The story begins with Julia aggressively hitting on her servant. They are all at a party, and she forces him to dance with her, and then follows him back into the house when he leaves what he correctly identifies to be a dangerous situation. Of course the male character—whose name we do not learn until over halfway through the play, when Julia turns to the audience and directly asks them, in English, if anyone knows his name—wants her. But he sees and understands the complexities of class that her privilege allows her the luxury of being blind too, and he fights the good fight for as long as he can until he is finally worn down into acting upon the desires he does not actually want to deny.
The power dynamic in JULIA flips many times over, and director Christiane Jatahy uses these moments of transition to make the audience squirm. Julia finally succeeds in her seduction after she pulls her servant into the pool with her and invites—demands—herself back to his quarters to dry off. The actors move backstage into his room and their bodies are almost entirely obstructed by the walls of the set. The only person we can fully see is the anonymous cameraman recording them in real time, and so we watch this moment unfold on screen through the close-angled details of his footage.

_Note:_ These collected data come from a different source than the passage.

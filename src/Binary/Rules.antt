-- ===== src/Binary/Rules.antt =====
-- The rules of a binary grammar: the loop over `rule_by_number` of `BinaryGrammar::writeBinaryGrammar` in
-- src/BinaryGrammar_write.cpp, the one of `BinaryGrammar::parse_grammar` in src/BinaryGrammar_read.cpp that reads them, and
-- `addContextualTest` and `reverseContextualTests` of src/Rule.cpp.
pub mod RoundTrip
use vislcg.Base.{
  ltb, leb, ◌==◌, if◌then◌else◌, ltb→lt, ltb→le, leb→le, leb→lt, ==_iff, Bool-cases, Option-cases,
  if_elim, length, rejoin, length-append, ℕ, zero, suc, ◌+◌, ◌-◌, ◌*◌, ◌/◌, ◌%◌, ◌^◌, ◌≤◌, ◌<◌, min,
  max, ◌≡◌, refl, sym, ap, ◌∙◌, ◌≢◌, ◌↔◌, ◌⊎◌, inl, inr, Bool, true, false, not, ◌&&◌, ◌||◌, Option,
  none, some, List, [], ◌∷◌, ◌++◌, map, arith, word,
}
use vislcg.Binary.{
  Bytes, Text, Reader, Writer, after, ◌>>=◌, ◌>>◌, pure, fail, guard, put8, put32, put64, read8,
  read32, read64, read_bytes, read_times, put_each, put_vector, read_vector, All, Restores,
  then_lem, read32-put32, read8-put8, read64-put64, read_bytes-append, read_times-put_each,
  read_vector-put_vector,
}
use vislcg.Binary.Fields.{
  Double, Platform, Converts, nonzero, nonempty, is_some, mask, bit, flag, put_if, put_some,
  put_all, field, put_text, read_text, bit-mask, mask-lt, field-put_if, field-nonzero,
  read_text-put_text, field-text, field-put_some, read_some, put_double, read_double,
  read_double-put_double, IsVector, field-put_some_vector,
}

-- Integers over the native numbers.
pub data ℤ : Type 0 where
  pos : ℕ → ℤ
  negsuc : ℕ → ℤ

-- A rule refers to a tag and to sets by their numbers, and to contextual tests by their hashes. The section is the word that an
-- `int32_t` is.
pub record Rule : Type 0 where
  pub section : ℕ
  pub type : ℕ
  pub line : ℕ
  pub flags : ℕ
  pub name : Text
  pub target : ℕ
  pub wordform : Option ℕ
  pub varname : ℕ
  pub varvalue : ℕ
  pub sub_reading : ℤ
  pub childset1 : ℕ
  pub childset2 : ℕ
  pub maplist : Option ℕ
  pub sublist : Option ℕ
  pub number : ℕ
  pub dep_target : Option ℕ
  pub dep_tests : List ℕ
  pub tests : List ℕ

-- `addContextualTest`.
unfoldable pub add_contextual_test : ℕ → List ℕ → List ℕ
add_contextual_test to head = to ∷ head

unfoldable pub reverse : {A : Type 0} → List A → List A
reverse xs = rejoin xs []

-- `reverseContextualTests`, which the writer calls on the grammar's own rule.
unfoldable pub reverse_contextual_tests : Rule → Rule
reverse_contextual_tests r = record r { tests = reverse r.tests; dep_tests = reverse r.dep_tests }

unfoldable pub is_nonzero : ℤ → Bool
is_nonzero (pos n) = nonzero n
is_nonzero (negsuc n) = true

-- `std::abs(r->sub_reading)`, with the sign in bit 31.
unfoldable pub sub_word : ℤ → ℕ
sub_word (pos n) = n
sub_word (negsuc n) = suc n % 2 ^ 31 + 2 ^ 31

unfoldable pub negative : ℕ → ℤ
negative zero = pos 0
negative (suc n) = negsuc n

unfoldable pub word_sub : ℕ → ℤ
word_sub u = if leb (2 ^ 31) u then negative (u - 2 ^ 31) else pos u

unfoldable pub rule_flags : Rule → List Bool
rule_flags r =
    nonzero r.section
    ∷ nonzero r.type
    ∷ nonzero r.line
    ∷ nonzero r.flags
    ∷ nonempty r.name
    ∷ nonzero r.target
    ∷ is_some r.wordform
    ∷ nonzero r.varname
    ∷ nonzero r.varvalue
    ∷ is_nonzero r.sub_reading
    ∷ nonzero r.childset1
    ∷ nonzero r.childset2
    ∷ is_some r.maplist
    ∷ is_some r.sublist
    ∷ nonzero r.number
    ∷ []

unfoldable pub hash_or_zero : Option ℕ → ℕ
hash_or_zero none = 0
hash_or_zero (some hash) = hash

unfoldable pub write_rule : Platform → Rule → Writer
write_rule pf r = put_all (
    put32 (mask (rule_flags r))
    ∷ put_if (nonzero r.section) (put32 r.section)
    ∷ put_if (nonzero r.type) (put32 r.type)
    ∷ put_if (nonzero r.line) (put32 r.line)
    ∷ put_if (nonzero r.flags) (put32 r.flags)
    ∷ put_if (nonempty r.name) (put_text pf r.name)
    ∷ put_if (nonzero r.target) (put32 r.target)
    ∷ put_some put32 r.wordform
    ∷ put_if (nonzero r.varname) (put32 r.varname)
    ∷ put_if (nonzero r.varvalue) (put32 r.varvalue)
    ∷ put_if (is_nonzero r.sub_reading) (put32 (sub_word r.sub_reading))
    ∷ put_if (nonzero r.childset1) (put32 r.childset1)
    ∷ put_if (nonzero r.childset2) (put32 r.childset2)
    ∷ put_some put32 r.maplist
    ∷ put_some put32 r.sublist
    ∷ put_if (nonzero r.number) (put32 r.number)
    ∷ put32 (hash_or_zero r.dep_target)
    ∷ put_vector put32 (reverse_contextual_tests r).dep_tests
    ∷ put_vector put32 (reverse_contextual_tests r).tests
    ∷ [])

unfoldable pub read_reference : Reader (Option ℕ)
read_reference = do n ← read32; pure (some n)

unfoldable pub read_sub_reading : Reader ℤ
read_sub_reading = do u ← read32; pure (word_sub u)

unfoldable pub hash_of : ℕ → Option ℕ
hash_of zero = none
hash_of (suc n) = some (suc n)

-- The tests are put in front of those read before.
unfoldable pub read_tests : ℕ → List ℕ → Reader (List ℕ)
read_tests zero head = pure head
read_tests (suc n) head = do t ← read32; read_tests n (add_contextual_test t head)

unfoldable pub read_counted_tests : Reader (List ℕ)
read_counted_tests = do n ← read32; read_tests n []

unfoldable pub read_rule_fields : Platform → (ℕ → Bool) → Reader Rule
read_rule_fields pf has = do
  section ← field (has 0) 0 read32
  type ← field (has 1) 0 read32
  line ← field (has 2) 0 read32
  flags ← field (has 3) 0 read32
  name ← field (has 4) [] (read_text pf [])
  target ← field (has 5) 0 read32
  wordform ← field (has 6) none read_reference
  varname ← field (has 7) 0 read32
  varvalue ← field (has 8) 0 read32
  sub_reading ← field (has 9) (pos 0) read_sub_reading
  childset1 ← field (has 10) 0 read32
  childset2 ← field (has 11) 0 read32
  maplist ← field (has 12) none read_reference
  sublist ← field (has 13) none read_reference
  number ← field (has 14) 0 read32
  dep_target ← read32
  dep_tests ← read_counted_tests
  tests ← read_counted_tests
  pure (record {
    section = section;
    type = type;
    line = line;
    flags = flags;
    name = name;
    target = target;
    wordform = wordform;
    varname = varname;
    varvalue = varvalue;
    sub_reading = sub_reading;
    childset1 = childset1;
    childset2 = childset2;
    maplist = maplist;
    sublist = sublist;
    number = number;
    dep_target = hash_of dep_target;
    dep_tests = dep_tests;
    tests = tests;
  })

unfoldable pub read_rule : Platform → Reader Rule
read_rule pf = do mask ← read32; read_rule_fields pf (bit mask)

abbrev pub IsSub : ℤ → Type 0
IsSub (pos n) = n < 2 ^ 31
IsSub (negsuc n) = suc n < 2 ^ 31

-- A rule whose numbers fit their words and whose name ICU converts. `sub_reading` is above the least `int32_t`, whose absolute value
-- is none, and a contextual test has a hash other than 0, as the writer of the tests demands.
pub record IsRule (pf : Platform) (r : Rule) : Type 0 where
  pub section : r.section < word
  pub type : r.type < word
  pub line : r.line < word
  pub flags : r.flags < word
  pub name : Converts pf r.name
  pub target : r.target < word
  pub wordform : (n : ℕ) → r.wordform ≡ some n → n < word
  pub varname : r.varname < word
  pub varvalue : r.varvalue < word
  pub sub_reading : IsSub r.sub_reading
  pub childset1 : r.childset1 < word
  pub childset2 : r.childset2 < word
  pub maplist : (n : ℕ) → r.maplist ≡ some n → n < word
  pub sublist : (n : ℕ) → r.sublist ≡ some n → n < word
  pub number : r.number < word
  pub dep_target : (n : ℕ) → r.dep_target ≡ some n → (0 < n) × (n < word)
  pub dep_tests : IsVector (λ (n : ℕ). n < word) r.dep_tests
  pub tests : IsVector (λ (n : ℕ). n < word) r.tests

He stands behind her, reaches out and touches her, and the pivot happens: You want this? Fine.
And suddenly he is the one with the power, and we watch a closeup of Julia's face as he grabs her and fucks her doggy style while telling her of his dreams for escaping his class, his life, his reality. Of creating a world in which he is her equal. His attraction is threaded through with equal parts rage over his circumstances, and in her expression we see the horrified confusion of a little girl who wanted the game but not its conclusions.
The rest of the show is an exploration of what this act means, and what happens in its aftermath. Pipe dreams are thrown out, anger flows freely—in one perfectly eviscerating line, he tells her that his feelings for her are “a symbol of my despair over never being able to leave poverty”—and the only thing that is entirely clear is that everyone is in over their heads. Both characters are objects; she is a just an object that holds a great deal more inherent power.
JULIA is not interested in answers, but rather in holding each note of irresolvable tension in such a way that you are forced to continue to ponder it, and I walk out of the theater knowing that the questions of this show will take a while to sink in.
Anna and I sit in the lobby and talk about the show, and it feels difficult to have a conversation about such a disquieting piece. But Anna was up for being challenged. “It was not what I was expecting,” she tells me. “ It was more dramatic, with a lot more yelling. I liked the way they used film, it was trippy watching real life vs. a screen.” I ask her if there was anything she found surprising about the piece, and she mentions “the interaction with the audience, the way they were breaking character, but not. I found myself wondering, 'Is it real? Is it still a show?'”
We chat a bit more about the piece, and agree that it was both powerful and sometimes hard to watch. We part ways, and I'm glad that I have an uphill bike ride in the rain ahead of me; I need to be in motion and using my body as I give this show some more thought. As I walk outside, JULIA'S technical crew is smoking cigarettes and talking amongst themselves in Portuguese, and I think about the show's masterfully uneasy blurring of theatricality and reality as I go unlock my bike. We wish each other a good night as I begin to pedal home, and I find Anna's last question echoing through my mind: Is it real? Is it still a show?